In der 2. Hälfte des 5. Jh. gründeten sie unter ihrem ersten König Bisino ein Reich, das sich von der Ohre im Norden bis nach Ober- und Unterfranken im Süden erstreckte. Die ehemalige Ausdehnung des Thüringer Reiches zeichnen die hauptsächlich zwischen dem 4. und 6. Jh. entstandenen Orte nach. Das Thüringer Reich wurde aber bereits 531 von den Franken zerschlagen und in deren Reich eingegliedert. Als Folge der Unterwerfung wurden Teile der thüringischen Bevölkerung ins Frankenreich umgesiedelt. Damit büßten die Thüringer ihre Eigenart ein. Archäologisch läßt sich dieser Bruch in der archäologischen Sachkultur um die Mitte des 6. Jh. erkennen.

 

Eine Bügelfibel aus Laucha

   
 

 

 

 

 

 

 

      

Danach dominiert fränkischer Einfluß. Die Franken wurden in der Schlacht von Sachsen unterstützt, die sich im Nordthüringgau zwischen Bode und Ohre niederließen, wo sie sich aber erst seit dem 7. Jh. archäologisch nachweisen lassen.

 

 

 

 

  

 

 

     
 

 

 

 

 

Zwischen 561 und 566 führten die Franken mit den aus dem Südosten vorrückenden Awaren Kriege. Diese führten zu einer Schwächung des germanischen Einflusses auf die Gebiete östlich von Elbe und Saale und schließlich zu deren Aufgabe. In diesem Zusammenhang wurden die in Brandenburg und bei Berlin beheimateten Nordschwaben zusammen mit den aus Schlesien kommenden Silingen in dem später nach ihnen benannten Nordschwabengau zwischen Bode und Schlenze angesiedelt.

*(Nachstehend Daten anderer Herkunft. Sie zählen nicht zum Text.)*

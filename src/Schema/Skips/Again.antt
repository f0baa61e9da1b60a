-- ===== src/Schema/Skips/Again.antt =====
-- `remove_skipped_selection` of src/schema.rs leaves nothing that depends on variables.
use async_graphql.Prelude.{
  List, [], ◌∷◌, Text, true, false, none, ◌≡◌, refl, arith, keep, Bool-cases, inl, inr, ap,
}
use async_graphql.Value.{ConstValue}
use async_graphql.Document.{
  Directive, Selection, SelectionSet, Selections, field, fragment_spread, inline_fragment,
  selection_set, nil, cons,
}
use async_graphql.Schema.Skips.{
  include_of, is_other, is_skipped, directives_of, remove_skipped_selection, retain_items,
  enter_item,
}

module _ {Number : Type 0} where
  include_of-is_other :
      (directive : Directive Number) → is_other directive ≡ true → include_of directive.name ≡ none
  unfolding is_other include_of
  include_of-is_other directive h = ground arith

  keep_again :
      (directives : List (Directive Number))
      → keep is_other (keep is_other directives) ≡ keep is_other directives
  unfolding keep
  keep_again [] = refl
  keep_again (directive ∷ directives) = ground (arith, keep_again directives)

  module _ (variables : List (Text × ConstValue Number)) where
    is_skipped-keep :
        (directives : List (Directive Number))
        → is_skipped variables (keep is_other directives) ≡ false
    unfolding keep is_skipped
    is_skipped-keep [] = refl
    is_skipped-keep (directive ∷ directives) = elim (Bool-cases (is_other directive)) [
      | inl other ↦
          rw (other, keep, is_skipped, include_of-is_other directive other)
            (is_skipped-keep directives)
      | inr own ↦ rw (own, keep) (is_skipped-keep directives)
    ]

    entered_stays :
        (first : List (Text × ConstValue Number)) (selection : Selection Number)
        → is_skipped variables (directives_of variables (enter_item first selection)) ≡ false
    unfolding enter_item
    entered_stays first (field node set) = is_skipped-keep node.directives
    entered_stays first (fragment_spread node) = is_skipped-keep node.directives
    entered_stays first (inline_fragment node set) = is_skipped-keep node.directives

  module _ (first second : List (Text × ConstValue Number)) where
    mutual
      unfolding remove_skipped_selection

      remove_twice :
          (set : SelectionSet Number)
          → remove_skipped_selection second (remove_skipped_selection first set)
            ≡ remove_skipped_selection first set
      remove_twice (selection_set pos selections) = ap (selection_set pos) (retain_twice selections)

      retain_twice :
          (selections : Selections Number)
          → retain_items second (retain_items first selections) ≡ retain_items first selections
      retain_twice nil = refl
      retain_twice (cons selection selections) =
          elim (Bool-cases (is_skipped first (directives_of first selection))) [
            | inl skipped ↦ rw skipped (retain_twice selections)
            | inr kept ↦
                rw
                  (
                    kept,
                    entered_stays second first selection,
                    enter_twice selection,
                    retain_twice selections,
                  )
                  refl
          ]

      enter_twice :
          (selection : Selection Number)
          → enter_item second (enter_item first selection) ≡ enter_item first selection
      enter_twice (field node set) = rw (keep_again node.directives, remove_twice set) refl
      enter_twice (fragment_spread node) = rw (keep_again node.directives) refl
      enter_twice (inline_fragment node set) =
          rw (keep_again node.directives, remove_twice set) refl

    -- What is left of a selection set is final: to remove skipped selections from it once more, with
    -- whatever variables, changes nothing.
    pub remove_skipped_selection_twice :
        (set : SelectionSet Number)
        → remove_skipped_selection second (remove_skipped_selection first set)
          ≡ remove_skipped_selection first set
    remove_skipped_selection_twice set = remove_twice set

In deren alter Heimat ließen sich Slawen nieder, die im Gefolge der Awaren nach Mitteldeutschland kamen.

 

     
 

 

 

 

 

 

 

     

Das Gebiet östlich der unteren und mittleren Saale zählte im 6. Jh. noch zum Frankenreich. Hier siedelten die Warnen, deren Aufstand 594 von den Franken niedergeworfen wurde.

 

 

 

 

 

 

 

     
 

 

 

 

 

Unmittelbar danach drangen die Slawen ins Saalegebiet vor und ließen sich zunächst in den Altsiedelräumen nieder.

Um 630 ist bereits von Grenzkämpfen an der Saale zwischen dem Herzog Radulf und den Sorben die Rede. Wie eine Kette slawischer Burgen westlich von Elbe und Saale belegt, war es den Slawen im 7. und 8. Jh. gelungen, beide Flüsse zu überschreiten und an deren westlichen Ufern Burgen anzulegen.

Im Süden drangen die Slawen den kleineren, zur Saale hin entwässernden Flüssen entlang nach Westen vor, wo sie weitere Burgen errichteten. Das Siedlungsgebiet der Sorben war in Gaue gegliedert, deren Mittelpunkte die Burgen als Sitze des sorbischen Adels bildeten.
Ackerbau und Viehzucht spielten die beherrschende Rolle und unterschieden sich kaum von germanischen Verhältnissen. Die Siedlungen bestanden aus kleinen Grubenhäusern oder Blockhäusern.

Ihre Unabhängigkeit büßten die Slawen westlich von Elbe und Saale in der 2. Hälfte des 8. Jh. im Zuge der Wiederherstellung der Elbe-Saale-Grenze durch die Franken, der Einrichtung eines Grenzmarkensystems mit Burgbezirken und der Errichtung von Brückenköpfen östlich von Elbe und Saale bei Magdeburg und Halle in den Jahren 805 und 806 ein. Im 9. Jh. fanden mehrere Vorstöße von Franken und Sachsen ins Slawengebiet östlich der Saale statt, wobei für 834 die Zerstörung der Hauptburg der Coledizier (?Cösitz, Ldkr. Köthen) durch die Sachsen bezeugt ist.

 

Das Köpfchen aus Merseburg

   
 

 

 

 

 

 

 

     

Von den Karolingern wurde ein innerer Landesausbau begonnen, der von den Ottonen verstärkt fortgesetzt wurde, wobei durch Rodung (-rode- und -schwende-Orte) neues Siedlungs- und Ackerland gewonnen wurde. Die unbewohnten Waldgebiete wurden Königsgut (Bannforste). Sie dienten vornehmlich der Jagd.

Unter Heinrich I. (818-936) wurde das Herrschaftsgebiet erstmals auf die Gebiete östlich von Saale und Elbe ausgedehnt. Die neu eroberten Gebiete wurden unter Otto I. durch die Bildung der Marken Merseburg, Zeitz und Meißen und die Einführung der Burgwardverfassung dem Reich eingegliedert.